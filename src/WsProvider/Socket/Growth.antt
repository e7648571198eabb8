-- ===== src/WsProvider/Socket/Growth.antt =====
-- What reading a message does to the queue of frames.
use funduq_server.Prelude.{
  String, Bool, true, false, Option, none, some, List, [], ◌∷◌, ◌++◌, ◌||◌, Error, Result, ok,
  raise,
}
use funduq_server.Json.{Json, Dict, str, get, dict, nonempty_str}
use funduq_server.Funduq.{Funduq, Contract, valid, invalid, Registration, Validation, Verdict}
use funduq_server.WsCommon.{Message, disconnect, parse_frame, error_frame}
use funduq_server.WsProvider.Link.{
  put_frame, discard_name, declare_interjections, takes_interjections,
}
use funduq_server.WsProvider.Registration.{parse_registration}
use funduq_server.WsProvider.Verdict.{parse_verdict}
use funduq_server.WsProvider.Socket.{
  Conn, register, delete_agent, ack, event, finish, query, Kind, known, unexpected, unhashable, put,
  catch, registered, after_register, register_agents, after_delete, delete_named, answer_verdict,
  report, dispatch, read_parsed, read_loaded, read_message, kind_of,
}

module _ {S : Type 0} {P : List Dict → Type 0}
    (grow : (frames : List Dict) (frame : Dict) → P frames → P (frames ++ frame ∷ [])) where
  pub put-Grows :
      (frame : Dict) (conn : Conn S) → P conn.link.outbound → P (put frame conn).link.outbound
  unfolding put put_frame
  put-Grows frame conn h = grow conn.link.outbound frame h

  catch-Grows :
      (b : Bool) (e : Error) (frame : Dict) (conn : Conn S)
      → P conn.link.outbound
      → P (catch b e frame conn).link.outbound
  unfolding catch
  catch-Grows true e frame conn h = put-Grows frame conn h
  catch-Grows false e frame conn h = h

  registered-Grows :
      (names : List String) (conn : Conn S)
      → P conn.link.outbound
      → P (registered names conn).link.outbound
  unfolding registered put_frame
  registered-Grows names conn h = grow conn.link.outbound _ h

  register_agents-Grows :
      (core : Funduq S) (contract : Contract) (frame : Dict) (r : Result (List Registration))
      (conn : Conn S)
      → P conn.link.outbound
      → P (register_agents core contract frame r conn).link.outbound
  unfolding register_agents declare_interjections
  register_agents-Grows core contract frame (raise e) conn h = put-Grows (error_frame e.text) conn h
  register_agents-Grows core contract frame (ok agents) conn h =
      let link = declare_interjections agents conn.link in
      let (r, s) =
        core.register_agents conn.core conn.id (takes_interjections link) agents
          (get "providerName" frame) in
      after r (record conn { link = link; core = s }) h
    where
      after :
          (r : Result (List String)) (conn : Conn S)
          → P conn.link.outbound
          → P (after_register contract r conn).link.outbound
      after (ok names) conn h = registered-Grows names conn h
      after (raise e) conn h =
          catch-Grows (contract.is_funduq_error e.class || contract.is_value_error e.class) e
            (error_frame e.text) conn h

  after_delete-Grows :
      (contract : Contract) (name : String) (r : Result (Unit {0})) (conn : Conn S)
      → P conn.link.outbound
      → P (after_delete contract name r conn).link.outbound
  unfolding after_delete put_frame discard_name
  after_delete-Grows contract name (ok _) conn h = grow conn.link.outbound _ h
  after_delete-Grows contract name (raise e) conn h =
      catch-Grows (contract.is_funduq_error e.class) e _ conn h

  report-Grows :
      (run_id : Json) (message : String) (r : Result Bool × S) (conn : Conn S)
      → P conn.link.outbound
      → P (report run_id message r conn).link.outbound
  unfolding report
  report-Grows run_id message (raise e, s) conn h = h
  report-Grows run_id message (ok true, s) conn h = h
  report-Grows run_id message (ok false, s) conn h =
      put-Grows (dict (("type", str "error") ∷ ("runId", run_id) ∷ ("message", str message) ∷ []))
        (record conn { core = s }) h

  delete_named-Grows :
      (core : Funduq S) (contract : Contract) (name : Option String) (conn : Conn S)
      → P conn.link.outbound
      → P (delete_named core contract name conn).link.outbound
  unfolding delete_named
  delete_named-Grows core contract none conn h = put-Grows _ conn h
  delete_named-Grows core contract (some name) conn h =
      let (r, s) = core.delete_agent conn.core conn.id name in
      after_delete-Grows contract name r (record conn { core = s }) h

  answer_verdict-Grows :
      (core : Funduq S) (frame : Dict) (v : Validation Verdict) (conn : Conn S)
      → P conn.link.outbound
      → P (answer_verdict core frame v conn).link.outbound
  unfolding answer_verdict
  answer_verdict-Grows core frame (invalid e) conn h = put-Grows _ conn h
  answer_verdict-Grows core frame (valid verdict) conn h = h

  dispatch-Grows :
      (core : Funduq S) (contract : Contract) (frame : Dict) (kind : Kind) (conn : Conn S)
      → P conn.link.outbound
      → P (dispatch core contract frame kind conn).link.outbound
  unfolding dispatch
  dispatch-Grows core contract frame unexpected conn h = put-Grows _ conn h
  dispatch-Grows core contract frame unhashable conn h = h
  dispatch-Grows core contract frame (known register) conn h =
      register_agents-Grows core contract frame (parse_registration contract frame) conn h
  dispatch-Grows core contract frame (known delete_agent) conn h =
      delete_named-Grows core contract (nonempty_str (get "name" frame)) conn h
  dispatch-Grows core contract frame (known ack) conn h =
      answer_verdict-Grows core frame (parse_verdict contract frame) conn h
  dispatch-Grows core contract frame (known event) conn h = report-Grows _ _ _ conn h
  dispatch-Grows core contract frame (known finish) conn h = report-Grows _ _ _ conn h
  dispatch-Grows core contract frame (known query) conn h = h

  read_parsed-Grows :
      (core : Funduq S) (contract : Contract) (frame : Option Dict) (conn : Conn S)
      → P conn.link.outbound
      → P (read_parsed core contract frame conn).link.outbound
  unfolding read_parsed
  read_parsed-Grows core contract none conn h = put-Grows _ conn h
  read_parsed-Grows core contract (some frame) conn h =
      dispatch-Grows core contract frame (kind_of (get "type" frame)) conn h

  read_loaded-Grows :
      (core : Funduq S) (contract : Contract) (frame : Result (Option Dict)) (conn : Conn S)
      → P conn.link.outbound
      → P (read_loaded core contract frame conn).link.outbound
  unfolding read_loaded
  read_loaded-Grows core contract (raise e) conn h = h
  read_loaded-Grows core contract (ok frame) conn h = read_parsed-Grows core contract frame conn h

  pub read_message-Grows :
      (core : Funduq S) (contract : Contract) (message : Message) (conn : Conn S)
      → P conn.link.outbound
      → P (read_message core contract message conn).link.outbound
  unfolding read_message
  read_message-Grows core contract disconnect conn h = h
  read_message-Grows core contract message conn h =
      read_loaded-Grows core contract (parse_frame message) conn h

────────────────────────────────────────

In the data above, find the line that contains "after (raise e)" and the line that contains "delete_named-Grows core contract none". Repeat exactly those lines and every line between them, and only those.

      after (raise e) conn h =
          catch-Grows (contract.is_funduq_error e.class || contract.is_value_error e.class) e
            (error_frame e.text) conn h

  after_delete-Grows :
      (contract : Contract) (name : String) (r : Result (Unit {0})) (conn : Conn S)
      → P conn.link.outbound
      → P (after_delete contract name r conn).link.outbound
  unfolding after_delete put_frame discard_name
  after_delete-Grows contract name (ok _) conn h = grow conn.link.outbound _ h
  after_delete-Grows contract name (raise e) conn h =
      catch-Grows (contract.is_funduq_error e.class) e _ conn h

  report-Grows :
      (run_id : Json) (message : String) (r : Result Bool × S) (conn : Conn S)
      → P conn.link.outbound
      → P (report run_id message r conn).link.outbound
  unfolding report
  report-Grows run_id message (raise e, s) conn h = h
  report-Grows run_id message (ok true, s) conn h = h
  report-Grows run_id message (ok false, s) conn h =
      put-Grows (dict (("type", str "error") ∷ ("runId", run_id) ∷ ("message", str message) ∷ []))
        (record conn { core = s }) h

  delete_named-Grows :
      (core : Funduq S) (contract : Contract) (name : Option String) (conn : Conn S)
      → P conn.link.outbound
      → P (delete_named core contract name conn).link.outbound
  unfolding delete_named
  delete_named-Grows core contract none conn h = put-Grows _ conn h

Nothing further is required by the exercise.